## TASK DESCRIPTION
Take the data that follows and retype it word for word.

▽

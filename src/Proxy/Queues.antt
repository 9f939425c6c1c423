-- ===== src/Proxy/Queues.antt =====
-- What proxy.go does with an Rpc: where it is queued and when it is dropped.
use goat.Base.{
  ◌≡◌, ◌≢◌, refl, sym, ◌∙◌, subst, inl, inr, false, Option, none, some, List, [], ◌∷◌, ◌++◌, length,
  ltb, arith, lookup, insert, lookup-insert, lookup-insert_self, Bytes, Bytes_eq, bytes_eq_iff,
  if◌then◌else◌, Bool-cases, Option-cases,
}
use goat.Rpc.{RequestHeader, Rpc}
use goat.Proxy.{
  client_buffer_size, ProxyClient, Proxy, add_outgoing_connection, enqueue, client_for, deliver,
}

-- The queue of a client; one that is not known has none.
abbrev queue_in : Option ProxyClient → List Rpc
queue_in none = []
queue_in (some c) = c.from_server

abbrev pub queue : Bytes → Proxy → List Rpc
queue id p = queue_in (lookup id p.clients)

-- What delivery to `destination` does: the Rpc joins the queue there, if that has room, and no other
-- client changes.
abbrev pub Delivered : Bytes → Rpc → Proxy → Proxy → Type 0
Delivered destination rpc p p' =
    (queue destination p' ≡ (
      if ltb (length (queue destination p)) client_buffer_size
      then queue destination p ++ rpc ∷ []
      else queue destination p))
    × (lookup destination p'.clients ≢ none)
    × (p'.id ≡ p.id)
    × ((j : Bytes) → destination ≢ j → lookup j p'.clients ≡ lookup j p.clients)

enqueue-Delivered :
    (destination : Bytes) (rpc : Rpc) (client : ProxyClient) (p : Proxy)
    → lookup destination p.clients ≡ some client
    → Delivered destination rpc p (enqueue destination rpc client p)
enqueue-Delivered destination rpc client p k =
    let queued : queue destination p ≡ client.from_server = rw k refl in
    elim (Bool-cases (ltb (length client.from_server) client_buffer_size)) [
      | inl room ↦
          let c' : ProxyClient = record client { from_server = client.from_server ++ rpc ∷ [] } in
          let same : enqueue destination rpc client p
              ≡ record p { clients = insert destination c' p.clients } =
            unfold enqueue in rw room refl in
          let found = lookup-insert_self destination c' p.clients in
          subst (Delivered destination rpc p) (sym same) (
            rw (found) (rw queued (rw room refl)),
            rw found (λ x. cc),
            refl,
            λ j n.
                ground
                  (arith, lookup-insert destination j c' p.clients, bytes_eq_iff destination j),
          )
      | inr full ↦
          let same : enqueue destination rpc client p ≡ p = unfold enqueue in rw full refl in
          subst (Delivered destination rpc p) (sym same)
            (rw queued (rw full refl), rw k (λ x. cc), refl, λ j n. refl)
    ]

abbrev pub fresh : ProxyClient
fresh = record { was_added = false; from_server = [] }

abbrev pub with_fresh : Bytes → Proxy → Proxy
with_fresh destination p = record p { clients = insert destination fresh p.clients }

pub client_for-none :
    (destination : Bytes) (p : Proxy)
    → lookup destination p.clients ≡ none
    → client_for destination p ≡ (with_fresh destination p, fresh)
unfolding client_for add_outgoing_connection
client_for-none destination p n = rw (n, client_for) refl

pub client_for-some :
    (destination : Bytes) (p : Proxy) (c : ProxyClient)
    → lookup destination p.clients ≡ some c
    → client_for destination p ≡ (p, c)
unfolding client_for
client_for-some destination p c k = rw (k, client_for) refl

Delivered-with_fresh :
    (destination : Bytes) (rpc : Rpc) (p p' : Proxy)
    → lookup destination p.clients ≡ none
    → Delivered destination rpc (with_fresh destination p) p'
    → Delivered destination rpc p p'
Delivered-with_fresh destination rpc p p' n d =
    let empty : queue destination p ≡ [] = rw n refl in
    let empty₁ : queue destination (with_fresh destination p) ≡ [] =
      rw (lookup-insert_self destination fresh p.clients) refl in
    (
      subst
          (λ q.
            queue destination p' ≡ (if ltb (length q) client_buffer_size then q ++ rpc ∷ [] else q))
          (empty₁ ∙ sym empty) d.0,
      d.1,
      d.2,
      λ j m.
          let same : lookup j (insert destination fresh p.clients) ≡ lookup j p.clients =
            ground
              (arith, lookup-insert destination j fresh p.clients, bytes_eq_iff destination j) in
          d.3 j m ∙ same,
    )

pub deliver-Delivered :
    (rpc : Rpc) (destination : Bytes) (h : RequestHeader) (p : Proxy)
    → Delivered destination (record rpc { header = some h }) p (deliver rpc (destination, h) p)
unfolding deliver
deliver-Delivered rpc destination h p = elim (Option-cases (lookup destination p.clients)) [
  | inl n ↦
      rw (client_for-none destination p n, deliver)
        (Delivered-with_fresh destination (record rpc { header = some h }) p _ n
          (enqueue-Delivered destination (record rpc { header = some h }) fresh
            (with_fresh destination p) (lookup-insert_self destination fresh p.clients)))
  | inr (c, k) ↦
      rw (client_for-some destination p c k, deliver)
        (enqueue-Delivered destination (record rpc { header = some h }) c p k)
]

△

## EXERCISE ANSWER
filename src/Proxy/Queues.antt
repository 9f939425c6c1c423
-- ===== src/Proxy/Queues.antt =====
-- What proxy.go does with an Rpc: where it is queued and when it is dropped.
use goat.Base.{
  ◌≡◌, ◌≢◌, refl, sym, ◌∙◌, subst, inl, inr, false, Option, none, some, List, [], ◌∷◌, ◌++◌, length,
  ltb, arith, lookup, insert, lookup-insert, lookup-insert_self, Bytes, Bytes_eq, bytes_eq_iff,
  if◌then◌else◌, Bool-cases, Option-cases,
}
use goat.Rpc.{RequestHeader, Rpc}
use goat.Proxy.{
  client_buffer_size, ProxyClient, Proxy, add_outgoing_connection, enqueue, client_for, deliver,
}

-- The queue of a client; one that is not known has none.
abbrev queue_in : Option ProxyClient → List Rpc
queue_in none = []
queue_in (some c) = c.from_server

abbrev pub queue : Bytes → Proxy → List Rpc
queue id p = queue_in (lookup id p.clients)

-- What delivery to `destination` does: the Rpc joins the queue there, if that has room, and no other
-- client changes.
abbrev pub Delivered : Bytes → Rpc → Proxy → Proxy → Type 0
Delivered destination rpc p p' =
    (queue destination p' ≡ (
      if ltb (length (queue destination p)) client_buffer_size
      then queue destination p ++ rpc ∷ []
      else queue destination p))
    × (lookup destination p'.clients ≢ none)
    × (p'.id ≡ p.id)
    × ((j : Bytes) → destination ≢ j → lookup j p'.clients ≡ lookup j p.clients)

enqueue-Delivered :
    (destination : Bytes) (rpc : Rpc) (client : ProxyClient) (p : Proxy)
    → lookup destination p.clients ≡ some client
    → Delivered destination rpc p (enqueue destination rpc client p)
enqueue-Delivered destination rpc client p k =
    let queued : queue destination p ≡ client.from_server = rw k refl in
    elim (Bool-cases (ltb (length client.from_server) client_buffer_size)) [
      | inl room ↦
          let c' : ProxyClient = record client { from_server = client.from_server ++ rpc ∷ [] } in
          let same : enqueue destination rpc client p
              ≡ record p { clients = insert destination c' p.clients } =
            unfold enqueue in rw room refl in
          let found = lookup-insert_self destination c' p.clients in
          subst (Delivered destination rpc p) (sym same) (
            rw (found) (rw queued (rw room refl)),
            rw found (λ x. cc),
            refl,
            λ j n.
                ground
                  (arith, lookup-insert destination j c' p.clients, bytes_eq_iff destination j),
          )
      | inr full ↦
          let same : enqueue destination rpc client p ≡ p = unfold enqueue in rw full refl in
          subst (Delivered destination rpc p) (sym same)
            (rw queued (rw full refl), rw k (λ x. cc), refl, λ j n. refl)
    ]

abbrev pub fresh : ProxyClient
fresh = record { was_added = false; from_server = [] }

abbrev pub with_fresh : Bytes → Proxy → Proxy
with_fresh destination p = record p { clients = insert destination fresh p.clients }

pub client_for-none :
    (destination : Bytes) (p : Proxy)
    → lookup destination p.clients ≡ none
    → client_for destination p ≡ (with_fresh destination p, fresh)
unfolding client_for add_outgoing_connection
client_for-none destination p n = rw (n, client_for) refl

pub client_for-some :
    (destination : Bytes) (p : Proxy) (c : ProxyClient)
    → lookup destination p.clients ≡ some c
    → client_for destination p ≡ (p, c)
unfolding client_for
client_for-some destination p c k = rw (k, client_for) refl

Delivered-with_fresh :
    (destination : Bytes) (rpc : Rpc) (p p' : Proxy)
    → lookup destination p.clients ≡ none
    → Delivered destination rpc (with_fresh destination p) p'
    → Delivered destination rpc p p'
Delivered-with_fresh destination rpc p p' n d =
    let empty : queue destination p ≡ [] = rw n refl in
    let empty₁ : queue destination (with_fresh destination p) ≡ [] =
      rw (lookup-insert_self destination fresh p.clients) refl in
    (
      subst
          (λ q.
            queue destination p' ≡ (if ltb (length q) client_buffer_size then q ++ rpc ∷ [] else q))
          (empty₁ ∙ sym empty) d.0,
      d.1,
      d.2,
      λ j m.
          let same : lookup j (insert destination fresh p.clients) ≡ lookup j p.clients =
            ground
              (arith, lookup-insert destination j fresh p.clients, bytes_eq_iff destination j) in
          d.3 j m ∙ same,
    )

pub deliver-Delivered :
    (rpc : Rpc) (destination : Bytes) (h : RequestHeader) (p : Proxy)
    → Delivered destination (record rpc { header = some h }) p (deliver rpc (destination, h) p)
unfolding deliver
deliver-Delivered rpc destination h p = elim (Option-cases (lookup destination p.clients)) [
  | inl n ↦
      rw (client_for-none destination p n, deliver)
        (Delivered-with_fresh destination (record rpc { header = some h }) p _ n
          (enqueue-Delivered destination (record rpc { header = some h }) fresh
            (with_fresh destination p) (lookup-insert_self destination fresh p.clients)))
  | inr (c, k) ↦
      rw (client_for-some destination p c k, deliver)
        (enqueue-Delivered destination (record rpc { header = some h }) c p k)
]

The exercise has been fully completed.